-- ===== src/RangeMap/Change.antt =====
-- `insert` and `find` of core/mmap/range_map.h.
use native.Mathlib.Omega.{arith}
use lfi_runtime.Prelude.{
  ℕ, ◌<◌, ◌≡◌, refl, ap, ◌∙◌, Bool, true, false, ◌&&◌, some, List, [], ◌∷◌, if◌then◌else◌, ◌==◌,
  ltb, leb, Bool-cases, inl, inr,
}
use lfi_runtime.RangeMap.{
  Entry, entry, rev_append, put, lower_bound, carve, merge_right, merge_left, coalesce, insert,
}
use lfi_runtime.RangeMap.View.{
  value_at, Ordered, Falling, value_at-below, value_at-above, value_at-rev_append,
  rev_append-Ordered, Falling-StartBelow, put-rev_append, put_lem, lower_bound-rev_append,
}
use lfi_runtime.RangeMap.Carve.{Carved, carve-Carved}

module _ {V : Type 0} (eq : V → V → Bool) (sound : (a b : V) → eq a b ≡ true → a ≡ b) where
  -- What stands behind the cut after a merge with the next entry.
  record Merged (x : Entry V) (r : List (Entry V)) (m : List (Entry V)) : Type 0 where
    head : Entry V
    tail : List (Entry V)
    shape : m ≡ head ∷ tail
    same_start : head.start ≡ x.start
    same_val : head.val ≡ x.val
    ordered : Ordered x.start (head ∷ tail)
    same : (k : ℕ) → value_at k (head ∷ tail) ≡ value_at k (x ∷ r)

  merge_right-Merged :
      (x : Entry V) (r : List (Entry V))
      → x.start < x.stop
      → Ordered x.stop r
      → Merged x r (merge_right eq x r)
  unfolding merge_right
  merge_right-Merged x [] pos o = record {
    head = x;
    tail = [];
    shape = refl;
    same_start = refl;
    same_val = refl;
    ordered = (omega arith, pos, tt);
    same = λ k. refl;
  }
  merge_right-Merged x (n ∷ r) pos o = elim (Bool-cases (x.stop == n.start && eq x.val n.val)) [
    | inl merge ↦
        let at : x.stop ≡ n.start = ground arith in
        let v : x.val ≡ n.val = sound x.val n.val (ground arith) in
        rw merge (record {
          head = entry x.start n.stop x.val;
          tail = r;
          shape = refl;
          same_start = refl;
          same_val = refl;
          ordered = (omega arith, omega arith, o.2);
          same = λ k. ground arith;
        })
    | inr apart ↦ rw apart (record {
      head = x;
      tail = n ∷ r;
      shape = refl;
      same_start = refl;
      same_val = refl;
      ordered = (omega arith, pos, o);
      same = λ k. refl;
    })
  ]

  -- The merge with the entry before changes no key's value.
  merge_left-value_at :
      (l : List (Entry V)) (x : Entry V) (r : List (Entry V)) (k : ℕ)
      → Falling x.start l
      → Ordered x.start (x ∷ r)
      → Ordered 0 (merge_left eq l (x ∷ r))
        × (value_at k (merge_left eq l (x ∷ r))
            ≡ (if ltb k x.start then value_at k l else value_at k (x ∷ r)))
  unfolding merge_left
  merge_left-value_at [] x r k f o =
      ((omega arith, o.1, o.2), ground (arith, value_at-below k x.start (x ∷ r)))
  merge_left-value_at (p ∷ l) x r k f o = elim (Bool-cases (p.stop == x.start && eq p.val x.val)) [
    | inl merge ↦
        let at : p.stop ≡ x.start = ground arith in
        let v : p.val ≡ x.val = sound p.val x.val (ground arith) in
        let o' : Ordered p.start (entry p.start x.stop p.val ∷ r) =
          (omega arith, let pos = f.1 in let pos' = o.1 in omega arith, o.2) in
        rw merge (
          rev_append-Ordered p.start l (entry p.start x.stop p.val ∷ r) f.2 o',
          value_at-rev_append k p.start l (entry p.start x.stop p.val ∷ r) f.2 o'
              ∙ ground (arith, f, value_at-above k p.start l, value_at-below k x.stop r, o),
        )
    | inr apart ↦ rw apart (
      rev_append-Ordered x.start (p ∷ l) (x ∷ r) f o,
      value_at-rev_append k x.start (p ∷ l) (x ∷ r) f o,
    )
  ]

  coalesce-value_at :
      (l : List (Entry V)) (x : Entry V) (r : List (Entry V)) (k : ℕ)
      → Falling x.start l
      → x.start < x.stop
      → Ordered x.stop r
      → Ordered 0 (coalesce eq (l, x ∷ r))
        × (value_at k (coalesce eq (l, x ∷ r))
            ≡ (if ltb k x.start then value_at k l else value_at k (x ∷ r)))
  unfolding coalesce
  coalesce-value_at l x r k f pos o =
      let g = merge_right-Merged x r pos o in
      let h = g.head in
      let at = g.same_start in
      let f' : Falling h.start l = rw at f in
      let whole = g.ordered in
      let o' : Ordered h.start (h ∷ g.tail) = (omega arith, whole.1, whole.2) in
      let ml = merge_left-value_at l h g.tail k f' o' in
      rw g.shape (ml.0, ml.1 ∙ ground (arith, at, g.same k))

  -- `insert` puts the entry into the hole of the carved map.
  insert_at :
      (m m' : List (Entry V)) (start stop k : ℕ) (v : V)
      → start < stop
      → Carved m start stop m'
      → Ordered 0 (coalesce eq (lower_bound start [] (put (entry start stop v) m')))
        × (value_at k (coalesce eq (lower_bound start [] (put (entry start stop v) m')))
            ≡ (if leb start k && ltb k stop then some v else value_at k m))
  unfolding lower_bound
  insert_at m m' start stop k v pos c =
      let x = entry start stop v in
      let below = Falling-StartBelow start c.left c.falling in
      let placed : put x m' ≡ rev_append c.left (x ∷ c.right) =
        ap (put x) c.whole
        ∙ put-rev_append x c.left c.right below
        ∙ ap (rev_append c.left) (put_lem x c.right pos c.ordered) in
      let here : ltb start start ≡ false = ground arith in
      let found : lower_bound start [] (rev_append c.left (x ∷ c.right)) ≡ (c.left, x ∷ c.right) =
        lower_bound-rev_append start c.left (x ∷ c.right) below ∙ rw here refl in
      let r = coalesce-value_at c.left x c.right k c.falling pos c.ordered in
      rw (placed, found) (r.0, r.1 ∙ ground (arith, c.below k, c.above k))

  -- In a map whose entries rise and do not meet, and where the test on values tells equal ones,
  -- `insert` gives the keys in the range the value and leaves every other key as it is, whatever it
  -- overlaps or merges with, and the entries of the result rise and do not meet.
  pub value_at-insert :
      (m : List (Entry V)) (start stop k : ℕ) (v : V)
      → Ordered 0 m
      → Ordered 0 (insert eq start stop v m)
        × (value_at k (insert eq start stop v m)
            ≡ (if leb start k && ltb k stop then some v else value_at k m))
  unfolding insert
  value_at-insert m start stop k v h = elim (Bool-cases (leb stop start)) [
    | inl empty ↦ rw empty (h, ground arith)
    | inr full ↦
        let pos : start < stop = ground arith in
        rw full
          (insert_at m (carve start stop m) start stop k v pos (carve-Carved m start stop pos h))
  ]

*****

Activity
Count the lines holding the word "above" in this material. Reply with the number and nothing else.

Answer below
3